The full data, repeated exactly, is the only answer needed.

Collected data entries:
☆ ☆ ☆
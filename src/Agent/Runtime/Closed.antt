-- ===== src/Agent/Runtime/Closed.antt =====
-- The handlers of process_event keep what the calls and plans keep that need no answer of the user.
use blender_ai_sidebar.Prelude.{
  ℕ, ◌≡◌, refl, not, String, List, [], ◌∷◌, Option, some, if◌then◌else◌, ◌==◌, nat_comparable,
  string_comparable, ltb,
}
use blender_ai_sidebar.Tools.Registry.{get_tool}
use blender_ai_sidebar.Agent.Models.{ToolCall}
use blender_ai_sidebar.Agent.Policy.{ApprovalDecision, evaluate}
use blender_ai_sidebar.Plan.Review.{PlanReview}
use blender_ai_sidebar.Agent.Runtime.{Runtime, Services, Event, Response}
use blender_ai_sidebar.Agent.Runtime.Action.{M, pure}
use blender_ai_sidebar.Agent.Runtime.Events.{
  Progress, go_on, stop, assistant_message, solid, rounds_message, end_round, make_pending,
  ask_user, decide, run_one, run_calls, run_round, start_round, process_event,
}
use blender_ai_sidebar.Agent.Runtime.Quiet.{
  On, Keeps, bind-Keeps, if-Keeps, pure-Keeps, gets-Keeps, modify-Keeps, go_to-Keeps, emit-Keeps,
  add_message-Keeps, fail_turn-Keeps, send-Keeps,
}
use blender_ai_sidebar.Agent.Runtime.Calls.{world_after, run_call-Keeps}
use blender_ai_sidebar.Agent.Runtime.Executed.{PlanRan}
use blender_ai_sidebar.Agent.Runtime.LowRisk.{NeedsNoAnswer}
use blender_ai_sidebar.Agent.Runtime.Proposals.{propose-Keeps}
use blender_ai_sidebar.Agent.Runtime.Handlers.{process_event-Keeps}

module _ {W C : Type 0} (sv : Services W C) (Q : W → Type 0) where
  progress-Keeps :
      {m : M W C Progress} (progress : Progress)
      → Keeps (On Q) m
      → Keeps
          (On Q)
          (elim progress as (λ x. M W C Progress) [ stop res ↦ pure (stop res) | go_on ↦ m ])
  progress-Keeps (stop res) h = pure-Keeps _
  progress-Keeps go_on h = h

  ask_user-Keeps : (t : ℕ) (call : ToolCall) → Keeps (On Q) (ask_user sv t call)
  unfolding ask_user
  ask_user-Keeps t call = bind-Keeps (gets-Keeps (make_pending sv t call)) λ p.
      bind-Keeps (record { keep = λ r q. q })
        λ _.
          bind-Keeps (go_to-Keeps _)
            λ _. bind-Keeps (emit-Keeps _) λ _. bind-Keeps (emit-Keeps _) λ _. pure-Keeps _

  module _
      (tools : (call : ToolCall)
        → evaluate (get_tool call.tool_name sv.registry) call ≡ ApprovalDecision.auto_approve
        → (expected : Option String) (prompt : String) (w : W) → Q w
        → Q (world_after sv expected prompt call w))
      (plans : (review : PlanReview)
        → NeedsNoAnswer sv review
        → (expected : Option String) (prompt : String) (w w' : W)
        → PlanRan sv expected prompt review w w'
        → Q w
        → Q w') where
    decide-Keeps :
        (t : ℕ) (call : ToolCall) (decision : ApprovalDecision)
        → evaluate (get_tool call.tool_name sv.registry) call ≡ decision
        → Keeps (On Q) (decide sv t call decision)
    unfolding decide
    decide-Keeps t call ApprovalDecision.require_approval gated = ask_user-Keeps t call
    decide-Keeps t call ApprovalDecision.auto_approve free =
        bind-Keeps
          (run_call-Keeps sv t call call.tool_name
            λ v. tools call free v.expected_visual v.prompt v.world)
          λ ended. pure-Keeps _

    run_one-Keeps : (t : ℕ) (call : ToolCall) → Keeps (On Q) (run_one sv t call)
    unfolding run_one
    run_one-Keeps t call = bind-Keeps (gets-Keeps _) λ cancelled.
        if-Keeps cancelled (pure-Keeps _) (
          if-Keeps (call.tool_name == "propose_plan") (propose-Keeps sv Q plans t call)
            (decide-Keeps t call _ refl))

    run_calls-Keeps : (t : ℕ) (calls : List ToolCall) → Keeps (On Q) (run_calls sv t calls)
    unfolding run_calls
    run_calls-Keeps t [] = pure-Keeps go_on
    run_calls-Keeps t (call ∷ calls) =
        bind-Keeps (run_one-Keeps t call)
          λ progress. progress-Keeps progress (run_calls-Keeps t calls)

    end_round-Keeps : (t : ℕ) (progress : Progress) → Keeps (On Q) (end_round sv t progress)
    unfolding end_round
    end_round-Keeps t (stop res) = pure-Keeps _
    end_round-Keeps t go_on =
        bind-Keeps (gets-Keeps _) λ cancelled. if-Keeps cancelled (pure-Keeps _) (send-Keeps sv t)

    run_round-Keeps : (t : ℕ) (resp : Response) → Keeps (On Q) (run_round sv t resp)
    unfolding run_round
    run_round-Keeps t resp = bind-Keeps (gets-Keeps _) λ streamed.
        bind-Keeps
          (add_message-Keeps (
            assistant_message
              (if not (streamed == "") then some streamed else solid resp.assistant_text)
              resp.tool_calls))
          λ _. bind-Keeps (modify-Keeps _ λ r. refl) λ _.
            bind-Keeps (run_calls-Keeps t resp.tool_calls) λ progress. end_round-Keeps t progress

    start_round-Keeps : (t : ℕ) (resp : Response) → Keeps (On Q) (start_round sv t resp)
    unfolding start_round
    start_round-Keeps t resp =
        bind-Keeps (record { keep = λ r q. q })
          λ _. bind-Keeps (gets-Keeps _) λ round.
            if-Keeps (ltb sv.max_tool_rounds round)
              (fail_turn-Keeps t "MAX_TOOL_ROUNDS_EXCEEDED" (rounds_message sv))
              (run_round-Keeps t resp)

    pub process_event-Closed :
        (event : Event) (r : Runtime W C) → Q r.world → Q (process_event sv event r).1.world
    process_event-Closed event r q = process_event-Keeps sv {P = On Q} start_round-Keeps event r q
☆ ☆ ☆
__TASK SOLUTION__
filename src/Agent/Runtime/Closed.antt
-- ===== src/Agent/Runtime/Closed.antt =====
-- The handlers of process_event keep what the calls and plans keep that need no answer of the user.
use blender_ai_sidebar.Prelude.{
  ℕ, ◌≡◌, refl, not, String, List, [], ◌∷◌, Option, some, if◌then◌else◌, ◌==◌, nat_comparable,
  string_comparable, ltb,
}
use blender_ai_sidebar.Tools.Registry.{get_tool}
use blender_ai_sidebar.Agent.Models.{ToolCall}
use blender_ai_sidebar.Agent.Policy.{ApprovalDecision, evaluate}
use blender_ai_sidebar.Plan.Review.{PlanReview}
use blender_ai_sidebar.Agent.Runtime.{Runtime, Services, Event, Response}
use blender_ai_sidebar.Agent.Runtime.Action.{M, pure}
use blender_ai_sidebar.Agent.Runtime.Events.{
  Progress, go_on, stop, assistant_message, solid, rounds_message, end_round, make_pending,
  ask_user, decide, run_one, run_calls, run_round, start_round, process_event,
}
use blender_ai_sidebar.Agent.Runtime.Quiet.{
  On, Keeps, bind-Keeps, if-Keeps, pure-Keeps, gets-Keeps, modify-Keeps, go_to-Keeps, emit-Keeps,
  add_message-Keeps, fail_turn-Keeps, send-Keeps,
}
use blender_ai_sidebar.Agent.Runtime.Calls.{world_after, run_call-Keeps}
use blender_ai_sidebar.Agent.Runtime.Executed.{PlanRan}
use blender_ai_sidebar.Agent.Runtime.LowRisk.{NeedsNoAnswer}
use blender_ai_sidebar.Agent.Runtime.Proposals.{propose-Keeps}
use blender_ai_sidebar.Agent.Runtime.Handlers.{process_event-Keeps}

module _ {W C : Type 0} (sv : Services W C) (Q : W → Type 0) where
  progress-Keeps :
      {m : M W C Progress} (progress : Progress)
      → Keeps (On Q) m
      → Keeps
          (On Q)
          (elim progress as (λ x. M W C Progress) [ stop res ↦ pure (stop res) | go_on ↦ m ])
  progress-Keeps (stop res) h = pure-Keeps _
  progress-Keeps go_on h = h

  ask_user-Keeps : (t : ℕ) (call : ToolCall) → Keeps (On Q) (ask_user sv t call)
  unfolding ask_user
  ask_user-Keeps t call = bind-Keeps (gets-Keeps (make_pending sv t call)) λ p.
      bind-Keeps (record { keep = λ r q. q })
        λ _.
          bind-Keeps (go_to-Keeps _)
            λ _. bind-Keeps (emit-Keeps _) λ _. bind-Keeps (emit-Keeps _) λ _. pure-Keeps _

  module _
      (tools : (call : ToolCall)
        → evaluate (get_tool call.tool_name sv.registry) call ≡ ApprovalDecision.auto_approve
        → (expected : Option String) (prompt : String) (w : W) → Q w
        → Q (world_after sv expected prompt call w))
      (plans : (review : PlanReview)
        → NeedsNoAnswer sv review
        → (expected : Option String) (prompt : String) (w w' : W)
        → PlanRan sv expected prompt review w w'
        → Q w
        → Q w') where
    decide-Keeps :
        (t : ℕ) (call : ToolCall) (decision : ApprovalDecision)
        → evaluate (get_tool call.tool_name sv.registry) call ≡ decision
        → Keeps (On Q) (decide sv t call decision)
    unfolding decide
    decide-Keeps t call ApprovalDecision.require_approval gated = ask_user-Keeps t call
    decide-Keeps t call ApprovalDecision.auto_approve free =
        bind-Keeps
          (run_call-Keeps sv t call call.tool_name
            λ v. tools call free v.expected_visual v.prompt v.world)
          λ ended. pure-Keeps _

    run_one-Keeps : (t : ℕ) (call : ToolCall) → Keeps (On Q) (run_one sv t call)
    unfolding run_one
    run_one-Keeps t call = bind-Keeps (gets-Keeps _) λ cancelled.
        if-Keeps cancelled (pure-Keeps _) (
          if-Keeps (call.tool_name == "propose_plan") (propose-Keeps sv Q plans t call)
            (decide-Keeps t call _ refl))

    run_calls-Keeps : (t : ℕ) (calls : List ToolCall) → Keeps (On Q) (run_calls sv t calls)
    unfolding run_calls
    run_calls-Keeps t [] = pure-Keeps go_on
    run_calls-Keeps t (call ∷ calls) =
        bind-Keeps (run_one-Keeps t call)
          λ progress. progress-Keeps progress (run_calls-Keeps t calls)

    end_round-Keeps : (t : ℕ) (progress : Progress) → Keeps (On Q) (end_round sv t progress)
    unfolding end_round
    end_round-Keeps t (stop res) = pure-Keeps _
    end_round-Keeps t go_on =
        bind-Keeps (gets-Keeps _) λ cancelled. if-Keeps cancelled (pure-Keeps _) (send-Keeps sv t)

    run_round-Keeps : (t : ℕ) (resp : Response) → Keeps (On Q) (run_round sv t resp)
    unfolding run_round
    run_round-Keeps t resp = bind-Keeps (gets-Keeps _) λ streamed.
        bind-Keeps
          (add_message-Keeps (
            assistant_message
              (if not (streamed == "") then some streamed else solid resp.assistant_text)
              resp.tool_calls))
          λ _. bind-Keeps (modify-Keeps _ λ r. refl) λ _.
            bind-Keeps (run_calls-Keeps t resp.tool_calls) λ progress. end_round-Keeps t progress

    start_round-Keeps : (t : ℕ) (resp : Response) → Keeps (On Q) (start_round sv t resp)
    unfolding start_round
    start_round-Keeps t resp =
        bind-Keeps (record { keep = λ r q. q })
          λ _. bind-Keeps (gets-Keeps _) λ round.
            if-Keeps (ltb sv.max_tool_rounds round)
              (fail_turn-Keeps t "MAX_TOOL_ROUNDS_EXCEEDED" (rounds_message sv))
              (run_round-Keeps t resp)

    pub process_event-Closed :
        (event : Event) (r : Runtime W C) → Q r.world → Q (process_event sv event r).1.world
    process_event-Closed event r q = process_event-Keeps sv {P = On Q} start_round-Keeps event r q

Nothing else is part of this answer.